Database Initialization
There are several ways to import data to persistent storage. Almost all Clematis projects deal with some legacy data they need to import or modify first.
Money Tracker
Money Tracker uses Spring schema.sql
file to add SQL views and stored procedures
to existing data tables, see documentation:
CREATE OR ALTER VIEW ...
CREATE OR ALTER PROCEDURE ...
The file is checking for presence of views and procedures so run on an already prepared database.
Cosmic
The Clematis Cosmic application uses Hibernate to initialize a database with the following settings:
spring:
jpa:
show-sql: true
generate-ddl: true
hibernate:
ddl-auto: create-drop
naming:
physical-strategy: org.hibernate.boot.model.naming.PhysicalNamingStrategyStandardImpl
This approach has required a careful expression of the desired target schema since the result may not be exactly as expected, especially for join tables and many-to-one, many-to-many relations, etc. For example:
@OneToMany(fetch = FetchType.EAGER, cascade = {
CascadeType.MERGE, CascadeType.REFRESH, CascadeType.DETACH, CascadeType.REMOVE
})
@JoinTable(
name = "project_runs",
joinColumns = @JoinColumn(
name = "project_id",
referencedColumnName = "id"
),
inverseJoinColumns = @JoinColumn(
name = "input_id",
referencedColumnName = "id"
)
)
@OrderBy("date ASC")
private final List<InputData> runs = new ArrayList<>();
The above code fragment describes the specification of join
columns and reverse join columns to generate a proper
join table project_runs
.
Clematis Weather
The application requires a massive initial import of the data, plus the database schema is exposed not only to the application itself but also to the Groovy script, which uses plain Hibernate to store data.
Therefore, a high-level migration tool Flyway is used.
Spring Boot supports
this type of migration and provides a special resource folder for the migraton
files, called classpath:db/migration
.
Configuration
A Gradle plugin and a few additional dependencies are added to the project:
plugins {
id "org.flywaydb.flyway" version "9.8.1"
}
dependencies {
implementation "org.flywaydb:flyway-core:10.15.2"
implementation "org.flywaydb:flyway-mysql:10.15.2"
}
The migration folder looks like below:
tools
└─ parser
└─ src
└─ main
└─ resources
└─ db
└─ migration
└─ h2
├─ V1_1__added_weather_image.sql
└─ V1__init.sql
...
Then Spring Boot will automatically apply this migration on every application start and before tests.
Data Import
Clematis Weather application is using a configuration bean to import textual and photo weather data:
@Component
@SuppressFBWarnings
@Profile(value = "staging")
class DataImporterConfig {
@Value('${jworkspace.weather.images.dir}')
private String path
@Bean
CommandLineRunner importWeather(EntityManager entityManager, TransactionTemplate transactionTemplate) {
return (args) -> transactionTemplate.execute(new TransactionCallbackWithoutResult() {
@Override
protected void doInTransactionWithoutResult(TransactionStatus status) {
Session session = entityManager.unwrap(Session.class)
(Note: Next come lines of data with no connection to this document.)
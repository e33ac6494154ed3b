-- ===== src/Store/Redis/Script.antt =====
-- The Lua script by which src/store/redis.rs deletes a route that has not changed since it was read.
use pingora_reverse_proxy.Prelude.{
  ℕ, Bool, true, false, Option, none, some, Text, text_eq, if◌then◌else◌, not,
}
use pingora_reverse_proxy.Map.{Map, get, remove}
use pingora_reverse_proxy.Map.Order.{text_ord}

-- A Redis hash, from fields to encoded routes.
abbrev pub Hash : Type 0
Hash = Map Text Text

pub record ScriptReply : Type 0 where
  pub code : ℕ
  pub prior : Option Text

-- The test of the script: the field exists when it should not, or does not when it should, or it
-- holds another text.
abbrev pub is_changed : Option Text → Bool → Text → Bool
is_changed none true expected = true
is_changed none false expected = false
is_changed (some prior) false expected = true
is_changed (some prior) true expected = not (text_eq prior expected)

-- `DELETE_SCRIPT`, with the field, whether it is expected to exist, and its expected text.
unfoldable pub delete_script : Text → Bool → Text → Hash → ScriptReply × Hash
delete_script field exists expected hash =
    if is_changed (get field hash) exists expected
    then (record { code = 0; prior = get field hash }, hash)
    else (record { code = 1; prior = get field hash }, remove field hash)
WeatherImporter.loadWeatherData(session)
}
})
}
@Bean
CommandLineRunner importWeatherImages(EntityManager entityManager, TransactionTemplate transactionTemplate) {
return (args) -> transactionTemplate.execute(new TransactionCallbackWithoutResult() {
@Override
protected void doInTransactionWithoutResult(TransactionStatus status) {
WeatherImagesImporter.loadWeatherImages(Path.of(path), entityManager.unwrap(Session.class))
}
})
}
}
Both beans are instances of CommandLineRunner
interface to run a standalone data importer tool on application start.
Dependable Components
There is an annotation @DependsOnDatabaseInitialization for every component dependable on the database initialization.